Thanks for all the replies and details! I only have one of Larry's books, mine (G&T if I recall correctly) has just a supplemental glossary.

I was stuck on the idea of a gate having a person serving as a post, now I understand the definition has gone to a shared/equal move. Gate it is.

I don't have any examples at hand, but such a change in meaning/practice (around a person - > around a pair's center) could impact the feeling of prior choreography. I think I read something recently where an argument was being made that modern folks approaching traditional material with current move interpretation may be causing them to not flow as well as they did with contemporary interpretation, negatively coloring dancer reception of the material.

-Don

On Mon, Oct 8, 2018, 1:20 AM Don Veino <sharedweight_net@veino.com> wrote:
You may have seen my "Feeling Gravity's Pull" which I posted at the end of the recent Mad Robin teaching thread.

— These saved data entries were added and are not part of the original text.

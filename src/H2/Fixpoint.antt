-- ===== src/H2/Fixpoint.antt =====
-- Phase 2 of `compute` ends, in tables that are closed under every action and keep the marks of
-- phase 1.
use ran_tan_plan.Prelude.{
  ℕ, zero, suc, ◌+◌, ◌*◌, ◌<◌, ◌≤◌, ◌≡◌, sym, ap, ◌∙◌, subst, inl, inr, Bool, true, false, List, [],
  ◌∷◌, arith, In, Bool-cases, ⊎_elim, some, length, get_or, unset-le-length, if_true, if_false,
}
use ran_tan_plan.H2.{ActionData, Tables, is_reachable, is_co_reachable, visit, round, fixpoint}
use ran_tan_plan.H2.Growth.{open_marks, unset_rows, Shape, Grows, foldl-Grows}
use ran_tan_plan.H2.Loops.{InRange, visit-Grows}
use ran_tan_plan.H2.Closed.{AllClosed, foldl-still, visit-IsClosed}

pub record IsFixpoint (n : ℕ) (acts : List ActionData) (s t : Tables) : Type 0 where
  pub shape : Shape n t
  pub closed : AllClosed n acts t
  pub reach : (i : ℕ) → is_reachable s i ≡ true → is_reachable t i ≡ true
  pub co_reach : (i j : ℕ) → is_co_reachable s i j ≡ true → is_co_reachable t i j ≡ true

abbrev fresh : Tables → Tables
fresh s = record s { changed = false }

fresh-Shape : (n : ℕ) (s : Tables) → Shape n s → Shape n (fresh s)
fresh-Shape n s v = record {
  facts = v.facts;
  rows = v.rows;
  columns = v.columns;
  symmetric = v.symmetric;
}

module _ (n : ℕ) (acts : List ActionData) (r : (a : ActionData) → In a acts → InRange n a) where
  round-Grows : (s : Tables) → Shape n s → Grows n (fresh s) (round n acts s)
  unfolding round
  round-Grows s v =
      foldl-Grows n (visit n) acts (λ t a m w. visit-Grows n a (r a m) t w) (fresh s)
        (fresh-Shape n s v)

  round-closed : (s : Tables) → Shape n s → round n acts s ≡ fresh s → AllClosed n acts (fresh s)
  unfolding round
  round-closed s v e a m = visit-IsClosed n a (r a m) (fresh s) (fresh-Shape n s v) (
      foldl-still n (visit n) acts (λ t b k w. visit-Grows n b (r b k) t w) (fresh s)
        (fresh-Shape n s v) e a m)

  quiet : (s : Tables) → Shape n s → (round n acts s).changed ≡ false → round n acts s ≡ fresh s
  quiet s v e = ⊎_elim (λ k. k) (λ k. cc) (round-Grows s v).falls

  busy :
      (s : Tables)
      → Shape n s
      → (round n acts s).changed ≡ true
      → open_marks (round n acts s) < open_marks s
  busy s v e =
      ⊎_elim (λ k. absurd (settled (round n acts s) k e)) (λ k. k.1) (round-Grows s v).falls
    where
      settled : (t : Tables) → t ≡ fresh s → t.changed ≡ true → ⊥
      settled t k h = cc (ap (λ (x : Tables). x.changed) k)

  again :
      (fuel : ℕ) (s : Tables)
      → (round n acts s).changed ≡ true
      → fixpoint n acts (suc fuel) s ≡ fixpoint n acts fuel (round n acts s)
  unfolding fixpoint
  again fuel s e = if_true _ _ _ e

  last :
      (fuel : ℕ) (s : Tables)
      → (round n acts s).changed ≡ false
      → fixpoint n acts (suc fuel) s ≡ some (round n acts s)
  unfolding fixpoint
  last fuel s e = if_false _ _ _ e

  -- The `while` loop ends: with more fuel than there are unset flags the rounds reach tables that are
  -- closed under every action, of the same shape, and with every mark of the start.
  pub fixpoint_reached :
      (fuel : ℕ) (s : Tables)
      → Shape n s
      → open_marks s < fuel
      → (t : Tables) × (fixpoint n acts fuel s ≡ some t) × IsFixpoint n acts s t
  fixpoint_reached zero s v h = absurd (omega arith)
  fixpoint_reached (suc fuel) s v h = elim (Bool-cases (round n acts s).changed) [
    | inl e ↦
        let g = round-Grows s v in
        let (t, ends, p) =
          fixpoint_reached fuel (round n acts s) g.shape (omega (arith, busy s v e)) in
        (
          t,
          again fuel s e ∙ ends,
          record {
            shape = p.shape;
            closed = p.closed;
            reach = λ i k. p.reach i (g.reach i k);
            co_reach = λ i j k. p.co_reach i j (g.co_reach i j k);
          },
        )
    | inr e ↦
        let g = round-Grows s v in
        (
          round n acts s,
          last fuel s e,
          record {
            shape = g.shape;
            closed = subst (AllClosed n acts) (sym (quiet s v e)) (round-closed s v (quiet s v e));
            reach = g.reach;
            co_reach = g.co_reach;
          },
        )
  ]

unset_rows-le :
    (n : ℕ) (rows : List (List Bool))
    → ((i : ℕ) → i < length rows → length (get_or rows i []) ≡ n)
    → unset_rows rows ≤ length rows * n
unset_rows-le n [] h = omega arith
unset_rows-le n (r ∷ rows) h = omega (
  arith,
  h 0 (omega arith),
  unset-le-length r,
  unset_rows-le n rows (λ i k. h (suc i) (omega arith)),
)

pub open_marks-le : (n : ℕ) (s : Tables) → Shape n s → open_marks s ≤ n + n * n
open_marks-le n s v =
    let rows = unset_rows-le n s.co_reachable (λ i k. v.columns i (omega (arith, v.rows))) in
    let square : length s.co_reachable * n ≡ n * n = ap (λ (m : ℕ). m * n) v.rows in
    omega (arith, unset-le-length s.reachable, v.facts, rows, square)
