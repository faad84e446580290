-- ===== src/H2/Build/Reached.antt =====
-- The tables that `compute` leaves: phase 1 marks the facts of the initial state, and the fixpoint
-- covers every state that the problem can reach.
use ran_tan_plan.Prelude.{
  ℕ, zero, suc, ◌+◌, ◌<◌, ◌≡◌, refl, sym, ap, ◌∙◌, subst, ◌≢◌, inl, inr, Bool, true, false, some,
  List, [], ◌∷◌, arith, In, Distinct, Bool-cases, ⊎_elim, length, get_elem?, >>=-eq-some,
  if◌then◌else◌, eq_of_some,
}
use ran_tan_plan.Expr.Node.{ExprId}
use ran_tan_plan.Expr.Node.Equal.{id_beq_refl}
use ran_tan_plan.Expr.Pool.{is_bool_constant}
use ran_tan_plan.Problem.{Problem, Assignment, is_bool_type}
use ran_tan_plan.H2.{ActionData, Tables, is_reachable, is_co_reachable, fixpoint}
use ran_tan_plan.H2.Growth.{Shape}
use ran_tan_plan.H2.Loops.{InRange}
use ran_tan_plan.H2.Fixpoint.{IsFixpoint, fixpoint_reached, open_marks-le}
use ran_tan_plan.H2.Sound.{Covers, Leads-Covers}
use ran_tan_plan.H2.Build.{
  Checker, all_data, initially_true, init_facts, initial_tables, rounds, compute,
}
use ran_tan_plan.H2.Build.Initial.{initial_tables_lem}
use ran_tan_plan.H2.Build.Facts.{get_elem?-index_of}
use ran_tan_plan.H2.Build.Effects.{all_data_of, of_all_data}
use ran_tan_plan.H2.Build.World.{
  Valuation, IsCoherent, Initially, Reachable, start, step, AssignsConstants,
}
use ran_tan_plan.H2.Build.Covered.{
  facts, Holds, index-lt, index-is_bool_type, index-In, data-InRange, Happens-Leads,
}

-- The facts of the initial state are the ones that phase 1 marks.
init_facts-lt :
    (p : Problem) (i : ℕ) (fs : List ExprId) (j : ℕ) → In j (init_facts p i fs) → j < i + length fs
unfolding init_facts
init_facts-lt p i [] j m = absurd m
init_facts-lt p i (f ∷ fs) j m = elim (Bool-cases (initially_true p f p.initial_state)) [
  | inl e ↦
      ⊎_elim (λ k. omega arith) (λ k. omega (arith, init_facts-lt p (suc i) fs j k))
        (rw (e, init_facts) at m)
  | inr e ↦ omega (arith, init_facts-lt p (suc i) fs j (rw (e, init_facts) at m))
]

init_facts-In :
    (p : Problem) (i : ℕ) (fs : List ExprId) (k : ℕ) (f : ExprId)
    → get_elem? fs k ≡ some f
    → initially_true p f p.initial_state ≡ true
    → In (i + k) (init_facts p i fs)
unfolding init_facts
init_facts-In p i [] k f h t = cc
init_facts-In p i (g ∷ fs) zero f h t =
    let same : g ≡ f = cc in
    let start' : initially_true p g p.initial_state ≡ true = rw same t in
    rw (start', init_facts) (inl (omega arith))
init_facts-In p i (g ∷ fs) (suc k) f h t =
    let deeper = init_facts-In p (suc i) fs k f h t in
    let place : suc i + k ≡ i + suc k = omega arith in
    subst (λ t. In t (init_facts p i (g ∷ fs))) place
      (elim (Bool-cases (initially_true p g p.initial_state)) [
        | inl e ↦ rw (e, init_facts) (inr deeper)
        | inr e ↦ rw (e, init_facts) deeper
      ])

initially_true_of_In :
    (p : Problem) (f : ExprId) (as' : List Assignment) (a : Assignment)
    → In a as'
    → a.fluent_id ≡ f
    → is_bool_type p f ≡ true
    → is_bool_constant true p.pool a.value_id ≡ true
    → initially_true p f as' ≡ true
unfolding initially_true
initially_true_of_In p f [] a m e b v = absurd m
initially_true_of_In p f (x ∷ more) a (inl k) e b v =
    let e' : x.fluent_id ≡ f = ap (λ (y : Assignment). y.fluent_id) (sym k) ∙ e in
    let v' : is_bool_constant true p.pool x.value_id ≡ true =
      ap (λ (y : Assignment). is_bool_constant true p.pool y.value_id) (sym k) ∙ v in
    rw (e', id_beq_refl f, b, v')
initially_true_of_In p f (x ∷ more) a (inr k) e b v =
    either _ (initially_true p f more) (initially_true_of_In p f more a k e b v)
  where
    either : (t rest : Bool) → rest ≡ true → (if t then true else rest) ≡ true
    either true rest h = refl
    either false rest h = h

module _ (p : Problem) where
  abbrev pub n : ℕ
  n = length (facts p)

  abbrev pub init : List ℕ
  init = init_facts p 0 (facts p)

  -- What `compute` gives.
  pub record Computed (fuel : ℕ) (c : Checker) : Type 0 where
    pub fact_list : c.index_to_fact ≡ facts p
    pub datas : all_data p (facts p) fuel p.actions ≡ some c.actions
    pub fixed : IsFixpoint n c.actions (initial_tables n init) c.tables

  start_lem :
      Shape n (initial_tables n init)
      × ((i : ℕ) → In i init → is_reachable (initial_tables n init) i ≡ true)
      × ((i j : ℕ)
          → In i init
          → In j init
          → i ≢ j
          → is_co_reachable (initial_tables n init) i j ≡ true)
  start_lem = initial_tables_lem n init (λ i m. omega (arith, init_facts-lt p 0 (facts p) i m))

  ranges :
      (fuel : ℕ) (acts : List ActionData)
      → all_data p (facts p) fuel p.actions ≡ some acts
      → (d : ActionData) → In d acts
      → InRange n d
  ranges fuel acts datas d m =
      let (a, at, e) = of_all_data p (facts p) fuel p.actions acts datas d m in
      data-InRange p fuel a d e

  pub reached :
      (fuel : ℕ) (acts : List ActionData)
      → all_data p (facts p) fuel p.actions ≡ some acts
      → (t : Tables) × (fixpoint n acts (rounds n) (initial_tables n init) ≡ some t)
        × IsFixpoint n acts (initial_tables n init) t
  reached fuel acts datas =
      fixpoint_reached n acts (ranges fuel acts datas) (rounds n) (initial_tables n init)
        start_lem.0 (omega (arith, open_marks-le n (initial_tables n init) start_lem.0))

  pub compute-Computed : (fuel : ℕ) (c : Checker) → compute p fuel ≡ some c → Computed fuel c
  unfolding compute
  compute-Computed fuel c made =
      let (acts, datas, h) = >>=-eq-some (all_data p (facts p) fuel p.actions) _ made in
      let (t, ends, h') = >>=-eq-some (fixpoint n acts (rounds n) (initial_tables n init)) _ h in
      let (t', ends', fixed) = reached fuel acts datas in
      let same : t' ≡ t = eq_of_some (sym ends' ∙ ends) in
      subst (Computed fuel) (eq_of_some h') (record {
        fact_list = refl;
        datas = datas;
        fixed = subst (IsFixpoint n acts (initial_tables n init)) same fixed;
      })

  initial-Covers : (v : Valuation) → Initially p v → Covers n (initial_tables n init) (Holds p v)
  initial-Covers v h = record {
    bounded = λ i (f, index, t). index-lt p f i index;
    single = λ i x. start_lem.1 i (marked i x);
    pair = λ i j x y ne. start_lem.2 i j (marked i x) (marked j y) ne;
  }
    where
      marked : (i : ℕ) → Holds p v i → In i init
      marked i (f, index, t) =
          let b = index-is_bool_type p f i index in
          let (a, m, e, value) = h f (index-In p f i index) b t in
          let at =
            init_facts-In p 0 (facts p) i f (get_elem?-index_of f (facts p) i index)
              (initially_true_of_In p f p.initial_state a m e b value) in
          let zero_add : 0 + i ≡ i = omega arith in subst (λ k. In k init) zero_add at

  -- The tables cover every state that the problem reaches.
  pub Reachable-Covers :
      (fuel : ℕ) (c : Checker) (v : Valuation)
      → Computed fuel c
      → AssignsConstants p
      → ((d : ActionData) → In d c.actions → Distinct d.preconditions)
      → Reachable p v
      → IsCoherent p v × Covers n c.tables (Holds p v)
  Reachable-Covers fuel c v k consts distinct (start {v = u} coherent begins) =
      let i = initial-Covers u begins in
      (
        coherent,
        record {
          bounded = i.bounded;
          single = λ x h. k.fixed.reach x (i.single x h);
          pair = λ x y h g ne. k.fixed.co_reach x y (i.pair x y h g ne);
        },
      )
  Reachable-Covers fuel c v k consts distinct (step {v = u} {w = w} a ma before happens coherent) =
      let (cu, covers) = Reachable-Covers fuel c u k consts distinct before in
      let (d, md, made) = all_data_of p (facts p) fuel p.actions c.actions k.datas a ma in
      (
        coherent,
        Leads-Covers n c.tables c.actions d (Holds p u) (Holds p w) k.fixed.shape k.fixed.closed md
            (distinct d md) (ranges fuel c.actions k.datas d md).add_effects
            (Happens-Leads p fuel a d made u w consts ma cu happens) covers,
      )
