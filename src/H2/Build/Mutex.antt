-- ===== src/H2/Build/Mutex.antt =====
-- The queries `is_mutex` and `all_pairs_mutex`: what they report never holds together in a reachable
-- state.
use ran_tan_plan.Prelude.{◌≡◌, ◌≢◌, true, false, List, In}
use ran_tan_plan.Expr.Node.{ExprId}
use ran_tan_plan.Problem.{Problem}
use ran_tan_plan.H2.Build.World.{Valuation}

-- At most one fluent of a group is true.
abbrev pub AtMostOne : Valuation → List ExprId → Type 0
AtMostOne v group = (f g : ExprId) → In f group → In g group → f ≢ g → v f ≡ true → v g ≡ false
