-- ===== src/H2/Diagonal.antt =====
-- No step of `compute` marks a fact as co-reachable with itself.
use ran_tan_plan.Prelude.{
  ℕ, zero, suc, ◌≡◌, refl, sym, ap, ◌∙◌, subst, ◌≢◌, inl, inr, Bool, true, false, not, List, [],
  ◌∷◌, arith, foldl, In, Distinct, Bool-cases, Option, some, get_or, set, if◌then◌else◌, ◌==◌, leb,
  contains, range, ◌&&◌, eq_of_some, contains→In, In→contains, true-ne-false,
}
use ran_tan_plan.H2.{
  ActionData, Tables, is_reachable, is_co_reachable, set_pair, mark_co_reachable, note,
  all_reachable, all_co_reachable, all_pairs, applicable, mark_reachable, pair_up, compatible,
  persist, add_pairs, keep_pair, keep_precondition, fire, visit, round, fixpoint,
}

abbrev pub NoDiagonal : Tables → Type 0
NoDiagonal s = (i : ℕ) → is_co_reachable s i i ≡ false

foldl-keeps :
    {A S : Type 0} (P : S → Type 0) (f : S → A → S) (xs : List A)
    → ((s : S) (x : A) → In x xs → P s → P (f s x))
    → (s : S) → P s
    → P (foldl f s xs)
foldl-keeps P f [] h s k = k
foldl-keeps P f (x ∷ xs) h s k =
    foldl-keeps P f xs (λ t y m. h t y (inr m)) (f s x) (h s x (inl refl) k)

get_or-set_other :
    (bs : List Bool) (i j : ℕ) → i ≢ j → get_or (set bs i true) j false ≡ get_or bs j false
get_or-set_other [] i j h = refl
get_or-set_other (b ∷ bs) zero zero h = absurd (h refl)
get_or-set_other (b ∷ bs) zero (suc j) h = refl
get_or-set_other (b ∷ bs) (suc i) zero h = refl
get_or-set_other (b ∷ bs) (suc i) (suc j) h = get_or-set_other bs i j (λ e. h (ap suc e))

set_pair_other :
    (rows : List (List Bool)) (i j a b : ℕ)
    → (a ≡ i → j ≢ b)
    → get_or (get_or (set_pair rows i j) a []) b false ≡ get_or (get_or rows a []) b false
set_pair_other [] i j a b h = refl
set_pair_other (r ∷ rows) zero j zero b h = get_or-set_other r j b (h refl)
set_pair_other (r ∷ rows) zero j (suc a) b h = refl
set_pair_other (r ∷ rows) (suc i) j zero b h = refl
set_pair_other (r ∷ rows) (suc i) j (suc a) b h = set_pair_other rows i j a b (λ e. h (ap suc e))

both_writes :
    (s : Tables) (i j k : ℕ)
    → i ≢ j
    → get_or (get_or (set_pair (set_pair s.co_reachable i j) j i) k []) k false
      ≡ is_co_reachable s k k
both_writes s i j k ne =
    set_pair_other (set_pair s.co_reachable i j) j i k k (λ e e'. ne (e' ∙ e))
    ∙ set_pair_other s.co_reachable i j k k (λ e e'. ne (sym (e' ∙ e)))

pub mark_co_reachable-NoDiagonal :
    (s : Tables) (i j : ℕ) → i ≢ j → NoDiagonal s → NoDiagonal (mark_co_reachable s i j).0
unfolding mark_co_reachable
mark_co_reachable-NoDiagonal s i j ne d k = elim (Bool-cases (is_co_reachable s i j)) [
  | inl e ↦ rw (e, mark_co_reachable) (d k)
  | inr e ↦ rw (e, mark_co_reachable) (both_writes s i j k ne ∙ d k)
]

note-NoDiagonal : (s : Tables) (i j : ℕ) → i ≢ j → NoDiagonal s → NoDiagonal (note s i j)
unfolding note mark_co_reachable
note-NoDiagonal s i j ne d k = elim (Bool-cases (is_co_reachable s i j)) [
  | inl e ↦ rw (e, note) (d k)
  | inr e ↦ rw (e, note) (both_writes s i j k ne ∙ d k)
]

cond_rule :
    (t u : Tables) (b : Bool)
    → (b ≡ true → NoDiagonal t)
    → (b ≡ false → NoDiagonal u)
    → NoDiagonal (if b then t else u)
cond_rule t u true h k = h refl
cond_rule t u false h k = k refl

pair_up-NoDiagonal : (f : ℕ) (s : Tables) (g : ℕ) → NoDiagonal s → NoDiagonal (pair_up f s g)
unfolding pair_up
pair_up-NoDiagonal f s g d =
    cond_rule _ _ (leb g f) (λ e. d) (λ e. note-NoDiagonal s f g (λ same. ground arith) d)

persist-NoDiagonal :
    (a : ActionData) (f : ℕ) (s : Tables) (g : ℕ) → NoDiagonal s → NoDiagonal (persist a f s g)
unfolding persist
persist-NoDiagonal a f s g d =
    cond_rule _ _ (g == f) (λ _. d)
      (λ e.
        cond_rule _ _ (is_co_reachable s f g) (λ _. d)
          (λ _.
            cond_rule _ _ (not (is_reachable s g)) (λ _. d)
              (λ _.
                cond_rule _ _ (contains a.del_effects g) (λ _. d)
                  (λ _.
                    cond_rule _ _ (compatible s g a.preconditions)
                      (λ _. note-NoDiagonal s f g (λ same. ground arith) d) (λ _. d)))))

keep_pair-NoDiagonal : (p : ℕ) (s : Tables) (f : ℕ) → NoDiagonal s → NoDiagonal (keep_pair p s f)
unfolding keep_pair
keep_pair-NoDiagonal p s f d =
    cond_rule _ _ (f == p) (λ _. d) (λ e. note-NoDiagonal s p f (λ same. ground arith) d)

mark_reachable-NoDiagonal : (s : Tables) (f : ℕ) → NoDiagonal s → NoDiagonal (mark_reachable s f)
unfolding mark_reachable
mark_reachable-NoDiagonal s f d = cond_rule _ _ (is_reachable s f) (λ _. d) (λ _. d)

fire-NoDiagonal : (n : ℕ) (s : Tables) (a : ActionData) → NoDiagonal s → NoDiagonal (fire n s a)
unfolding fire add_pairs keep_precondition
fire-NoDiagonal n s a d =
    foldl-keeps NoDiagonal (keep_precondition a) a.preconditions
      (λ t p _ h.
        cond_rule _ _ (contains a.del_effects p) (λ _. h)
          (λ _.
            foldl-keeps NoDiagonal (keep_pair p) a.add_effects
              (λ u f _ k. keep_pair-NoDiagonal p u f k) t h))
      _
      (foldl-keeps NoDiagonal (add_pairs n a) a.add_effects
        (λ t f _ h.
          foldl-keeps NoDiagonal (persist a f) (range n) (λ u g _ k. persist-NoDiagonal a f u g k) _
            (foldl-keeps NoDiagonal (pair_up f) a.add_effects
              (λ u g _ k. pair_up-NoDiagonal f u g k) t h))
        _
        (foldl-keeps NoDiagonal mark_reachable a.add_effects
          (λ t f _ h. mark_reachable-NoDiagonal t f h) s d))

round-NoDiagonal :
    (n : ℕ) (acts : List ActionData) (s : Tables) → NoDiagonal s → NoDiagonal (round n acts s)
unfolding round visit
round-NoDiagonal n acts s d =
    foldl-keeps NoDiagonal (visit n) acts
      (λ t a _ h. cond_rule _ _ (applicable t a) (λ _. fire-NoDiagonal n t a h) (λ _. h)) _ d

pub fixpoint-NoDiagonal :
    (n : ℕ) (acts : List ActionData) (fuel : ℕ) (s t : Tables)
    → NoDiagonal s
    → fixpoint n acts fuel s ≡ some t
    → NoDiagonal t
unfolding fixpoint
fixpoint-NoDiagonal n acts zero s t d h = cc
fixpoint-NoDiagonal n acts (suc fuel) s t d h =
    pick (round n acts s).changed _ _ (round-NoDiagonal n acts s d)
      (fixpoint-NoDiagonal n acts fuel (round n acts s) t (round-NoDiagonal n acts s d)) h
  where
    pick :
        (b : Bool) (rest : Option Tables) (u : Tables)
        → NoDiagonal u
        → (rest ≡ some t → NoDiagonal t)
        → (if b then rest else some u) ≡ some t
        → NoDiagonal t
    pick true rest u k r e = r e
    pick false rest u k r e = subst NoDiagonal (eq_of_some e) k

all_co_reachable-In :
    (s : Tables) (p : ℕ) (qs : List ℕ) → NoDiagonal s → In p qs → all_co_reachable s p qs ≡ false
unfolding all_co_reachable
all_co_reachable-In s p [] d m = absurd m
all_co_reachable-In s p (q ∷ qs) d (inl e) = rw (← e, d p)
all_co_reachable-In s p (q ∷ qs) d (inr m) = rw (all_co_reachable-In s p qs d m) (ground arith)

and_false : (b : Bool) → (b && false) ≡ false
and_false true = refl
and_false false = refl

repeated-all_pairs :
    (s : Tables) (ps : List ℕ) → NoDiagonal s → ¬ Distinct ps → all_pairs s ps ≡ false
unfolding all_pairs
repeated-all_pairs s [] d k = absurd (k tt)
repeated-all_pairs s (p ∷ ps) d k = elim (Bool-cases (contains ps p)) [
  | inl e ↦ rw (all_co_reachable-In s p ps d (contains→In ps p e)) refl
  | inr e ↦
      let new = λ (m : In p ps). true-ne-false (In→contains ps p m) e in
      rw (repeated-all_pairs s ps d (λ x. k (new, x))) (and_false (all_co_reachable s p ps))
]

-- An action that lists a precondition twice does not pass step 1.
pub repeated-applicable :
    (s : Tables) (a : ActionData)
    → NoDiagonal s
    → ¬ Distinct a.preconditions
    → applicable s a ≡ false
unfolding applicable
repeated-applicable s a d h =
    rw (repeated-all_pairs s a.preconditions d h) (and_false (all_reachable s a.preconditions))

In that dance, there's a move where partners are facing in side by side on the outside of the set (where the Gents have forward momentum and the Ladies neutral to backward momentum) and my intent was for them to rotate around their inside hand connection with the Gents going forward and Ladies backing up once around. (As opposed to the Gent walks a circle around the Lady.) So the net effect would be like a courtesy turn, in going around a central point between the dancers, just a little "wider."

I believe the correct term for this would be "Hand Cast" but I had a dancer who was adamant about it being a "Gate" in ECD so when I posted the dance that's the term I used. I've again done some googling and found no ready reference to a "Hand Cast" in ECD and only the slightest in a contra context, yet the term sticks in my mind.

What say ye? Is "Hand Cast" a thing and correct in this context?